It is clear that schools are the targets of rightwing attack. The events at the New Berlin, WI school board last night were positively shameful. These were thoughtfully chronicled by Blue Cheddar blog and picked up by Laura Clawson's currently rec'd post on Kos. Teabaggers, fueled by the acid hate of local rightwing radio (a monsterological triad of Charlie Sykes, Vicki McKenna and some other jerk none listens to) laughed and taunted teachers who were basically getting their asses handed to them by oedipal fetishists, drunk on their newly stomped crisis wine. I have never witnessed such mean spirited nastiness in a public meeting.
In a post I diaried yesterday, State Representative Mark Pocan details his experience as a Progressive in attendance at ALEC's annual convention in New Orleans. When asked about new legislation in line for WI, he specifically mentioned that they had a whole slew of "education reform" measures waiting to flow from the fount of fundamentalism. These attacks on public education, teachers and their unions are going to get more widespread, and a lot worse. In New Berlin, the Board is taking away access to fridges and microwaves, and instigating a dress code: trivial humiliations compared to the extra uncompensated hours and diminishment of sick leave. Salmonella, a ban on all popcorn, and skirts below the knee are a necessity in the Brave New World of Education Reform. Teaching is becoming the new itinerant labor.

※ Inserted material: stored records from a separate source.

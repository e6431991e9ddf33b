-- ===== src/Tests/Opening.antt =====
-- A volume with one tree header, opened (src/lib/io.c).
use obmafs.Prelude.{
  ℕ, ◌<◌, ◌^◌, ◌≡◌, refl, ◌∙◌, ap, true, false, some, none, List, [], ◌∷◌, arith, inl,
}
use obmafs.Context.{Superblock, Ctx, Result, ok}
use obmafs.Device.{block_write}
use obmafs.Device.Memory.{ram}
use obmafs.Device.Blocks.{block_write-ok}
use obmafs.Btree.{TreeHeader, header_magic}
use obmafs.Btree.Header.{header_read, header_write, header_block, sealed_header}
use obmafs.Btree.Header.RoundTrip.{header_read-header_write}
use obmafs.Superblock.{
  sb_validate, sealed_sb, status, write_backup, sb_write, sb_read, parsed, sb_size,
}
use obmafs.Superblock.RoundTrip.{SbFits, HasBackup, sb_read-sb_write}
use obmafs.Bitmap.Disk.{bitmap_read}
use obmafs.Bitmap.Disk.Outcome.{Loads, bitmap_read-Loads}
use obmafs.Open.{
  System, Volume, usable, validated, to_result, check_features, need, require, load_common,
  find_superblock, load_headers, load_bitmap, load_registry, open_flags, new_ctx, blank,
}
use obmafs.Open.Guards.{IsOpened, open_flags-IsOpened}
use obmafs.Open.Recovery.{IsUsable, find_superblock-sb_write}
use obmafs.Tests.{sb, ctx}

abbrev empty_disk : ℕ → ℕ
empty_disk i = 0

abbrev hash : List ℕ → ℕ
hash bs = 5

hash_lt : (bs : List ℕ) → hash bs < 2 ^ 64
hash_lt bs = omega arith

sb-IsUsable : IsUsable sb
sb-IsUsable = record {
  magic = refl;
  block_size = omega arith;
  dedup_block_size = omega arith;
  total_bytes = omega arith;
  catalog = omega arith;
  inode = omega arith;
}

sb-HasBackup : HasBackup sb
sb-HasBackup = record { two_blocks = omega arith; behind = omega arith; small = omega arith }

sb-SbFits : SbFits sb
sb-SbFits = record { v1 = ground arith; ext = ground arith }

sb_write-done : (sb_write ram hash empty_disk sb).0 ≡ ok tt
unfolding sb_write write_backup status sealed_sb
sb_write-done = refl

-- The first two bytes are overwritten.
abbrev damaged : ℕ → ℕ
damaged = (ram.pwrite (sb_write ram hash empty_disk sb).1 0 (255 ∷ 255 ∷ [])).1

find_superblock-sb_write_example :
    ((s : Superblock)
      → usable (sb_read ram hash damaged) ≡ some s
      → find_superblock ram hash damaged 163840 ≡ ok s)
    × (usable (sb_read ram hash damaged) ≡ none
        → find_superblock ram hash damaged 163840 ≡ ok (sealed_sb ram hash sb))
find_superblock-sb_write_example =
    find_superblock-sb_write ram hash hash_lt empty_disk sb 0 (255 ∷ 255 ∷ []) sb-HasBackup
      sb-SbFits sb-IsUsable refl sb_write-done (omega arith)

bitmap_read-Loads_example :
    Loads ram hash ctx empty_disk (bitmap_read ram hash true true ctx empty_disk)
bitmap_read-Loads_example = bitmap_read-Loads ram hash true true ctx empty_disk

-- A superblock that names block 1 as the header of its two trees.
abbrev small_sb : Superblock
small_sb = record sb {
  catalog_lba = 1;
  inode_lba = 1;
  overflow_lba = 0;
  dedup_lba = 0;
  metadata_lba = 0;
  media_tag_lba = 0;
  cd_prefix_lba = 0;
  cd_suffix_lba = 0;
  cd_subchannel_lba = 0;
  metadata_idx_lba = 0;
  refcount_lba = 0;
  bitmap_lba = 0;
}

small_sb-SbFits : SbFits small_sb
small_sb-SbFits = record { v1 = ground arith; ext = ground arith }

small_sb-HasBackup : HasBackup small_sb
small_sb-HasBackup = record { two_blocks = omega arith; behind = omega arith; small = omega arith }

abbrev sealed : Superblock
sealed = sealed_sb ram hash small_sb

abbrev with_sb : ℕ → ℕ
with_sb = (sb_write ram hash empty_disk small_sb).1

small_sb-done : (sb_write ram hash empty_disk small_sb).0 ≡ ok tt
unfolding sb_write write_backup status sealed_sb
small_sb-done = refl

abbrev root_hdr : TreeHeader
root_hdr = record blank { magic = header_magic; node_size = 4096 }

abbrev written : ℕ → ℕ
written = (header_write ram hash (new_ctx sealed) with_sb 1 root_hdr).1

abbrev cached : TreeHeader
cached = (header_write ram hash (new_ctx sealed) with_sb 1 root_hdr).2

root_hdr-done : (header_write ram hash (new_ctx sealed) with_sb 1 root_hdr).0 ≡ ok tt
unfolding header_write
root_hdr-done =
    block_write-ok ram (new_ctx sealed) with_sb 1
      (header_block ram hash (new_ctx sealed) (sealed_header ram hash (new_ctx sealed) root_hdr))
      refl

header_read-test : header_read ram hash (new_ctx sealed) written 1 ≡ ok cached
unfolding sealed_sb
header_read-test =
    header_read-header_write ram hash hash_lt (new_ctx sealed) with_sb 1 root_hdr (omega arith)
      (ground arith) refl root_hdr-done

sb_read-test : sb_read ram hash written ≡ ok sealed
unfolding sb_read header_write block_write sealed_sb
sb_read-test =
    ap (parsed ram hash) (
      ram.pread-pwrite_apart with_sb 4096
        (header_block ram hash (new_ctx sealed) (sealed_header ram hash (new_ctx sealed) root_hdr))
        0 sb_size (inl (omega arith)))
    ∙ sb_read-sb_write ram hash hash_lt empty_disk small_sb small_sb-HasBackup small_sb-SbFits
        small_sb-done

abbrev system : System
system = record {
  opens = true;
  ctx_ok = true;
  key_ok = true;
  leaf_ok = true;
  bitmap_ok = true;
  buffer_ok = true;
  file_size = 163840;
}

abbrev no_indexes : Ctx → (ℕ → ℕ) → Result (Unit {0})
no_indexes c d = ok tt

abbrev volume : Volume
volume = record {
  core = new_ctx sealed;
  headers = record {
    catalog = cached;
    inode = cached;
    overflow = blank;
    media_tag = blank;
    cd_prefix = blank;
    cd_suffix = blank;
    cd_subchannel = blank;
    metadata = blank;
    metadata_idx = blank;
    refcount = blank;
    sector_tag_data = blank;
    sector_tag_ref = blank;
    junk_map = blank;
    metadata_numeric_idx = blank;
  };
  read_only = false;
}

find_superblock-test : find_superblock ram hash written 163840 ≡ ok sealed
unfolding find_superblock to_result usable validated sb_validate sealed_sb
find_superblock-test = rw sb_read-test

open_flags-test : open_flags ram hash system no_indexes 0 written ≡ ok volume
unfolding open_flags need require check_features load_headers load_common load_registry load_bitmap
    sealed_sb
open_flags-test = rw (find_superblock-test, header_read-test)

open_flags-IsOpened_example : IsOpened ram hash 0 written volume
open_flags-IsOpened_example =
    open_flags-IsOpened ram hash system no_indexes 0 written open_flags-test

Protests at Messmer Academy in Milwaukee last Friday were followed by very unsympathetic coverage from the press. There was no mention of how privatization and budget cuts will affect our public schools, only vitriol at the Union Thugs' general contempt for the visible success of Messmer, one of the original "school choice" sites developed under (then) Governor Thommy Thompson, with ensuing oodles of money - parochial, public and private - funneled in. But the point wasn't (and isn't) about this fine school. It is about the dismantling of public education - an enterprise that cannot cherry pick the brightest students from any given neighborhood in order to claim great benefits of revolutionary pedagogy. The rupture point is a vision of public education itself. A vision that America is founded upon, and that is being dismantled before our surprised eyes.
I end this post with a plea. The power plays in politics, right now, are nested in the hyperlocal. We have to get motivated and do what the Teabaggers figured out two years ago. We need training programs for Progressives to run for office. We need to get active and take back the bureaus and boroughs. From precinct captain to school board to alderman to mayor to municipality. We need to get off our butts and take office.
We need to, as Thom Hartmann says below, "Get to work right now!"
(Yes, this is seven minutes long, but well worth the view if you haven't already seen it).
I end with this question: Why isn't there more emphasis on Kos to these kinds of hyperlocal strategies? Will you share your knowledge with us? Who knows how to get elected as precinct captain? How do we do it? Who has run for school board? Any suggestions?
Why aren't we putting our vast collective intelligence to getting these very real and significant things conceptualized, supported, and funded? In short, we need a massive literacy campaign: for ourselves!